Digital Humanities Workbench

Home page > Data collection > Digital archives > Implications


Using sources that have already been digitized for your research has a number of advantages:

  • Digitization is a time-consuming activity, so using sources that have already been digitized can be a big time-saver.
    Note: If the digitized file is a digital image of the original source, it must still be transcribed before certain types of digital analysis can be performed on it.
  • Many digitized sources contain metadata and/or annotations, which provide additional opportunities for analysis. Metadata may include, for example, data indicating how the source was obtained, or its relationship with other resources (which may be located elsewhere). Additionally, there might be information about the dimensions of the original source and about the original appearance and context of use of the source.
  • New developments have made it possible to combine and analyse information from different sources or data sets (see the Linked Open Data page.) This has made it even easier than before to put source material in a context.

Using existing digital sources and/or data sets may also have certain consequences.


  • When you are working with material from an archive or a collection, this means that it was selected by other people. It is not always clear what criteria were used for this, so you cannot always know how representative the collection is for the phenomenon you want to study.
  • When you are using existing annotated sources, you have to take into account the fact that annotations are never theory-neutral, and this also applies to metadata to a certain extent.
  • Another aspect is how close a digitized source actually is to the original and how this could possibly affect how it is analysed. During the process of digitization some physical characteristics of the source can disappear (dimensions, paint strokes on a painting, the third dimension in the case of sculptures and architecture). Texts are often missing the original layout and the original book cover.
  • In addition, the quality of the digitized version is not always optimal, which can also affect the results of the analysis.

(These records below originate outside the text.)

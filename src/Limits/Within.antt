-- ===== src/Limits/Within.antt =====
-- What `validateLimits` accepts.
use treetop_client_go.Base.{
  All, Bytes, List, Option, [], arith, false, if◌then◌else◌, length, ltb, refl, some, suc, zero, ℕ,
  ◌+◌, ◌↔◌, ◌∷◌, ◌≡◌,
}
use treetop_client_go.Base.Int.{less_one, ltb_ℤ, max_int64, negsuc, pos, suc_ℤ, ℤ, ◌≤ℤ◌}
use treetop_client_go.Errors.{
  >>_iff_×, >>_iff_×₃, Err, Result, err, iff_given, iff_trans, ok, pass, refuse_if,
  request_too_large,
}
use treetop_client_go.Attr.{attr_depth}
use treetop_client_go.Attr.Depth.{attr_depth-height, height}
use treetop_client_go.Request.{Attrs}
use treetop_client_go.Wire.{AttrMapWire, to_attr_map_wire}
use treetop_client_go.Transport.Encode.{encode_json_bounded, encode_json_bounded_iff}
use treetop_client_go.Batch.{AuthRequest}
use treetop_client_go.Limits.{
  RequestLimits, bad_limits, bounded_json_limit, context_depth, context_limits, context_size,
  default_request_limits, item_limits, limits_loop, validate_limits, validate_request_limits,
}

-- Every value nests at most `limit` levels, a scalar and an empty set being one level.
abbrev pub Shallow : ℤ → Attrs → Type 0
Shallow limit = All (λ e. pos (suc (height e.1)) ≤ℤ limit)

context_depth_iff :
    (limit : ℤ) (attrs : Attrs) (d : ℕ)
    → (pos (context_depth attrs d) ≤ℤ limit) ↔ ((pos d ≤ℤ limit) × Shallow limit attrs)
unfolding context_depth
context_depth_iff limit [] d = ground arith
context_depth_iff limit ((name, value) ∷ attrs) d = ground (
  arith,
  attr_depth-height value,
  context_depth_iff limit attrs (if ltb d (attr_depth value) then attr_depth value else d),
)

refuse_over_iff : (x limit : ℤ) (e : Err) → (refuse_if (ltb_ℤ limit x) e ≡ pass) ↔ (x ≤ℤ limit)
refuse_over_iff x limit e = ground arith

bounded_json_limit-suc :
    (limit : ℤ) → suc_ℤ limit ≤ℤ pos max_int64 → bounded_json_limit limit ≡ suc_ℤ limit
unfolding bounded_json_limit
bounded_json_limit-suc (pos n) h = ground arith
bounded_json_limit-suc (negsuc zero) h = ground arith
bounded_json_limit-suc (negsuc (suc n)) h = ground arith

context_size_ok : (limit : ℤ) (n : ℕ) → pos n ≤ℤ suc_ℤ limit → ltb_ℤ limit (less_one n) ≡ false
context_size_ok (pos m) zero h = ground arith
context_size_ok (pos m) (suc n) h = ground arith
context_size_ok (negsuc zero) zero h = refl
context_size_ok (negsuc (suc m)) zero h = absurd (omega arith)
context_size_ok (negsuc zero) (suc n) h = absurd (omega arith)
context_size_ok (negsuc (suc m)) (suc n) h = absurd (omega arith)

-- The second size test never fails: the encoder's own limit has cut longer texts off.
context_size_result :
    (i : ℕ) (limit : ℤ) (r : Result Bytes)
    → ((out : Bytes) → r ≡ ok out → pos (length out) ≤ℤ suc_ℤ limit)
    → (context_size i limit r ≡ pass) ↔ ((out : Bytes) × (r ≡ ok out))
unfolding context_size
context_size_result i limit (ok out) short =
    (λ _. (out, refl), λ _. rw (context_size_ok limit (length out) (short out refl)))
context_size_result i limit (err (request_too_large l)) short = (λ h. cc, λ w. cc (w.1))
context_size_result i limit (err e) short = (λ h. cc, λ w. cc (w.1))

depth_nonneg :
    (limits : RequestLimits)
    → validate_request_limits limits ≡ pass
    → pos 0 ≤ℤ limits.max_context_depth
unfolding validate_request_limits bad_limits
depth_nonneg limits good = ground arith

module _ (encode : AttrMapWire → Option Bytes) (limits : RequestLimits) where
  -- An empty context has no limits. Any other has a bounded number of keys, of levels, and of bytes
  -- of its encoding, the line end that the encoder appends aside.
  abbrev pub ContextFits : Attrs → Type 0
  ContextFits [] = Unit
  ContextFits (e ∷ context) =
      (pos (length (e ∷ context)) ≤ℤ limits.max_context_keys)
      × Shallow limits.max_context_depth (e ∷ context)
      × ((out : Bytes) × (encode (to_attr_map_wire (e ∷ context)) ≡ some out)
          × (pos (length out) ≤ℤ suc_ℤ limits.max_context_bytes))

  module _ (bounded : suc_ℤ limits.max_context_bytes ≤ℤ pos max_int64)
      (positive : pos 0 ≤ℤ limits.max_context_depth) where
    context_size_iff :
        (i : ℕ) (context : Attrs)
        → (context_size i limits.max_context_bytes (
              encode_json_bounded encode
                (to_attr_map_wire context)
                (bounded_json_limit limits.max_context_bytes))
            ≡ pass)
          ↔ ((out : Bytes) × (encode (to_attr_map_wire context) ≡ some out)
              × (pos (length out) ≤ℤ suc_ℤ limits.max_context_bytes))
    context_size_iff i context = rw (bounded_json_limit-suc limits.max_context_bytes bounded) (
        iff_trans
          (context_size_result i limits.max_context_bytes
            (encode_json_bounded encode (to_attr_map_wire context) (suc_ℤ limits.max_context_bytes))
            (λ out h. ((encoded out).0 h).1))
          (
            λ w. let (out, h) = w in let (e, l) = (encoded out).0 h in (out, e, l),
            λ w. let (out, e, l) = w in (out, (encoded out).1 (e, l)),
          ))
      where
        encoded :
            (out : Bytes)
            → (encode_json_bounded encode
                  (to_attr_map_wire context)
                  (suc_ℤ limits.max_context_bytes)
                ≡ ok out)
              ↔ ((encode (to_attr_map_wire context) ≡ some out)
                  × (pos (length out) ≤ℤ suc_ℤ limits.max_context_bytes))
        encoded out = encode_json_bounded_iff encode (to_attr_map_wire context) _ out

    item_limits_iff :
        (i : ℕ) (context : Attrs)
        → (item_limits encode limits i context ≡ pass) ↔ ContextFits context
    unfolding item_limits context_limits
    item_limits_iff i [] = (λ _. tt, λ _. refl)
    item_limits_iff i (e ∷ context) =
        >>_iff_×₃ (refuse_over_iff (pos (length (e ∷ context))) limits.max_context_keys _)
          (iff_trans
            (refuse_over_iff (pos (context_depth (e ∷ context) 0)) limits.max_context_depth _)
            (iff_given positive (context_depth_iff limits.max_context_depth (e ∷ context) 0)))
          (context_size_iff i (e ∷ context))

    limits_loop_iff :
        (i : ℕ) (rs : List AuthRequest)
        → (limits_loop encode limits i rs ≡ pass) ↔ All (λ r. ContextFits r.context) rs
    unfolding limits_loop
    limits_loop_iff i [] = (λ _. tt, λ _. refl)
    limits_loop_iff i (r ∷ rs) = >>_iff_× (item_limits_iff i r.context) (limits_loop_iff (i + 1) rs)

-- `validateLimits` accepts a batch exactly when it has at most `MaxBatchSize` items and every context
-- that is not empty has at most `MaxContextKeys` keys, nests at most `MaxContextDepth` levels, and is
-- encoded in at most `MaxContextBytes` bytes and a line end. The limits are those that
-- `RequestLimits.validate` lets through, with `MaxContextBytes` below the greatest int64.
pub validate_limits_iff :
    (encode : AttrMapWire → Option Bytes) (limits : RequestLimits) (rs : List AuthRequest)
    → suc_ℤ limits.max_context_bytes ≤ℤ pos max_int64
    → validate_request_limits limits ≡ pass
    → (validate_limits encode limits rs ≡ pass) ↔ (
        (pos (length rs) ≤ℤ limits.max_batch_size)
        × All (λ r. ContextFits encode limits r.context) rs)
unfolding validate_limits
validate_limits_iff encode limits rs bounded good =
    >>_iff_× (refuse_over_iff (pos (length rs)) limits.max_batch_size _)
      (limits_loop_iff encode limits bounded (depth_nonneg limits good) 0 rs)

-- The default limits are accepted.
pub default_limits : validate_request_limits default_request_limits ≡ pass
unfolding validate_request_limits bad_limits default_request_limits
default_limits = refl
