-- ===== src/Response/Correlated.antt =====
-- Responses against the requests that they answer.
use treetop_client_go.Base.{
  Bool, Bytes, List, Option, [], arith, bytes_eq_iff, false, length, none, refl, some, ◌↔◌, ◌∷◌,
  ◌≡◌, ◌≢◌,
}
use treetop_client_go.Errors.{
  >>_iff_×, err, iff_trans, panic, pass, refuse_if_iff, refuse_if_ne, ×_iff,
}
use treetop_client_go.Batch.{AuthRequest, request_id}
use treetop_client_go.Decision.{AnyDecision, result_message}
use treetop_client_go.Response.{
  AuthorizeResponse, IndexedResult, ids_loop, unexpected_id, validate_authorize_response,
}
use treetop_client_go.Response.Consistent.{IsConsistent, validate_structure_iff}

module _ (is_object : Bytes → Bool) {T : Type 0} (any_of : T → AnyDecision) where
  -- Item by item, the ID that was sent, or none where none was sent.
  abbrev pub SameIds : List (IndexedResult T) → List AuthRequest → Type 0
  SameIds [] requests = Unit
  SameIds (r ∷ rs) [] = ⊥
  SameIds (r ∷ rs) (q ∷ qs) = (r.id ≡ request_id q) × SameIds rs qs

  unexpected_id_iff :
      (expected given : Option Bytes)
      → (unexpected_id is_object any_of expected given ≡ false) ↔ (given ≡ expected)
  unfolding unexpected_id
  unexpected_id_iff none none = ground arith
  unexpected_id_iff none (some id) = ground arith
  unexpected_id_iff (some expected) none = ground arith
  unexpected_id_iff (some expected) (some id) = ground (arith, bytes_eq_iff id expected)

  ids_loop_iff :
      (rs : List (IndexedResult T)) (qs : List AuthRequest)
      → (ids_loop is_object any_of rs qs ≡ pass) ↔ SameIds rs qs
  unfolding ids_loop
  ids_loop_iff [] qs = (λ _. tt, λ _. refl)
  ids_loop_iff (r ∷ rs) [] = (λ h. cc, λ h. absurd h)
  ids_loop_iff (r ∷ rs) (q ∷ qs) =
      iff_trans (refuse_if_iff _ _ _)
        (×_iff (unexpected_id_iff (request_id q) r.id) (ids_loop_iff rs qs))

  -- The loop over the IDs never runs past the requests when there are as many as results.
  pub ids_loop-ne-panic :
      (rs : List (IndexedResult T)) (qs : List AuthRequest)
      → length rs ≡ length qs
      → ids_loop is_object any_of rs qs ≢ err panic
  unfolding ids_loop result_message
  ids_loop-ne-panic [] qs e = λ h. cc
  ids_loop-ne-panic (r ∷ rs) [] e = absurd (omega arith)
  ids_loop-ne-panic (r ∷ rs) (q ∷ qs) e =
      refuse_if_ne _ _ (λ h. cc) (ids_loop-ne-panic rs qs (omega arith))

-- A response is accepted for a batch exactly when it is consistent, has one result for each item, and
-- carries at each position the ID of the item, or none where the item has none.
pub validate_authorize_response_iff :
    (is_object : Bytes → Bool) {T : Type 0} (any_of : T → AnyDecision) (r : AuthorizeResponse T)
    (requests : List AuthRequest)
    → (validate_authorize_response is_object any_of r requests ≡ pass) ↔ (
        IsConsistent is_object any_of r (length requests)
        × SameIds is_object any_of r.results requests)
unfolding validate_authorize_response
validate_authorize_response_iff is_object any_of r requests =
    >>_iff_× (validate_structure_iff is_object any_of r (length requests))
      (ids_loop_iff is_object any_of r.results requests)
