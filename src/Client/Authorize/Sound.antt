-- ===== src/Client/Authorize/Sound.antt =====
-- What a successful authorization has established.
use treetop_client_go.Base.{All, Bytes, List, length, refl, some, ◌↔◌, ◌≡◌}
use treetop_client_go.Base.Int.{max_int64, pos, suc_ℤ, ◌≤ℤ◌}
use treetop_client_go.Errors.{>>=-eq-ok, >>_iff, Result, ok, pass}
use treetop_client_go.Batch.{AuthRequest}
use treetop_client_go.Batch.Unique.{IsAuthRequest, IsDistinct, given_ids, validate_batch_iff}
use treetop_client_go.Limits.{validate_request_limits}
use treetop_client_go.Limits.Within.{ContextFits, validate_limits_iff}
use treetop_client_go.Wire.{to_authorize_request_wire}
use treetop_client_go.Transport.Encode.{encode_json_bounded, encode_json_bounded_iff}
use treetop_client_go.Decision.{AnyDecision}
use treetop_client_go.Response.{AuthorizeResponse}
use treetop_client_go.Response.Consistent.{IsConsistent}
use treetop_client_go.Response.Correlated.{SameIds, validate_authorize_response_iff}
use treetop_client_go.Client.Authorize.{
  Settings, authorize, authorize_items, post_authorization, validate_authorization,
}

module _ (p : Settings) {T : Type 0} (any_of : T → AnyDecision)
    (exchange : Bytes → Result (AuthorizeResponse T)) where
  -- What is sent for a batch, and answered with a response.
  abbrev pub IsAnswered : List AuthRequest → AuthorizeResponse T → Type 0
  IsAnswered requests response =
      (body : Bytes) × (p.encode_batch (to_authorize_request_wire requests) ≡ some body)
      × (pos (length body) ≤ℤ p.max_request_bytes)
      × (exchange body ≡ ok response)

  post_iff :
      (requests : List AuthRequest) (response : AuthorizeResponse T)
      → (post_authorization p any_of exchange requests ≡ ok response) ↔ IsAnswered requests response
  unfolding post_authorization
  post_iff requests response = (
    λ h.
        let (body, e, x) =
          >>=-eq-ok
            (encode_json_bounded p.encode_batch (to_authorize_request_wire requests)
              p.max_request_bytes)
            exchange h in
        let (out, l) = (encode_json_bounded_iff p.encode_batch _ p.max_request_bytes body).0 e in
        (body, out, l, x),
    λ w.
        rw
          ((encode_json_bounded_iff p.encode_batch (to_authorize_request_wire requests)
              p.max_request_bytes w.0).1
            (w.1, w.2))
          w.3,
  )

  -- A batch is answered with a response exactly when the batch is valid, its IDs are distinct, it is
  -- within the limits, its encoding fits the request size and is answered, and the answer is
  -- consistent and carries the IDs of the batch. The limits are those that the configuration lets
  -- through, with `MaxContextBytes` below the greatest int64.
  pub authorize_iff :
      (requests : List AuthRequest) (response : AuthorizeResponse T)
      → suc_ℤ p.limits.max_context_bytes ≤ℤ pos max_int64
      → validate_request_limits p.limits ≡ pass
      → (authorize p any_of exchange (some requests) ≡ ok response) ↔ (
          (All (IsAuthRequest p.net) requests × IsDistinct (given_ids requests))
          × ((pos (length requests) ≤ℤ p.limits.max_batch_size)
              × All (λ r. ContextFits p.encode_context p.limits r.context) requests)
          × IsAnswered requests response
          × (IsConsistent p.is_object any_of response (length requests)
              × SameIds p.is_object any_of response.results requests))
  unfolding authorize validate_authorization authorize_items
  authorize_iff requests response bounded good = (
    λ h.
        let (v, h1) = (>>_iff _ _).0 h in
        let (b, l) = (>>_iff _ _).0 v in
        let (r, s, h2) = >>=-eq-ok (post_authorization p any_of exchange requests) _ h1 in
        let (c, e) = (>>_iff _ _).0 h2 in
        let same : r ≡ response = cc e in
        (
          (validate_batch_iff p.net requests).0 b,
          (validate_limits_iff p.encode_context p.limits requests bounded good).0 l,
          (post_iff requests response).0 (rw (← same) s),
          (validate_authorize_response_iff p.is_object any_of response requests).0 (rw (← same) c),
        ),
    λ w. (>>_iff _ _).1 (
      (>>_iff _ _).1 (
        (validate_batch_iff p.net requests).1 w.0,
        (validate_limits_iff p.encode_context p.limits requests bounded good).1 w.1,
      ),
      rw ((post_iff requests response).1 w.2) (
          (>>_iff _ _).1
            ((validate_authorize_response_iff p.is_object any_of response requests).1 w.3, refl)),
    ),
  )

  • The provenance of sources is not always clear. Take a scan or photo of a source published on a personal web page, where metadata are missing or unreliable. It could be unclear whether the photo was just a part of the source or a full digital version. Moreover, it is always possible that the source was digitally manipulated in some way or another. Although manipulating (historical) documents is not a new phenomenon - removing names from documents or erasing people from photographs was common practice in the former Soviet Union - digital techniques have made manipulating sources a lot easier. Literary and philosophical sources do not always contain information about which edition of the text was digitized.
  • Large collections of digitized sources (such as Google Books) often make use of automatic metadata generation, which makes them less useful and can affect the results of the analysis.
  • Where good metadata can help contextualize a source, a lack of clarity regarding the origin of a digitized source can decontextualize it.
  • Another point of concern in this context is the fact that more and more source material is being made available through social media sites such as YouTube and Flickr. It is often difficult to identify the origin of this material and descriptive information about the sources is submitted by individuals on the basis of categories they named themselves. Because there are no clear criteria for these descriptions (as opposed to descriptive data in an institutionalized archive), the metadata on these websites is not always of the highest quality.
  • In particular, a lot of born-digital material can be very unstructured, making its preparation for analysis a very time-consuming process.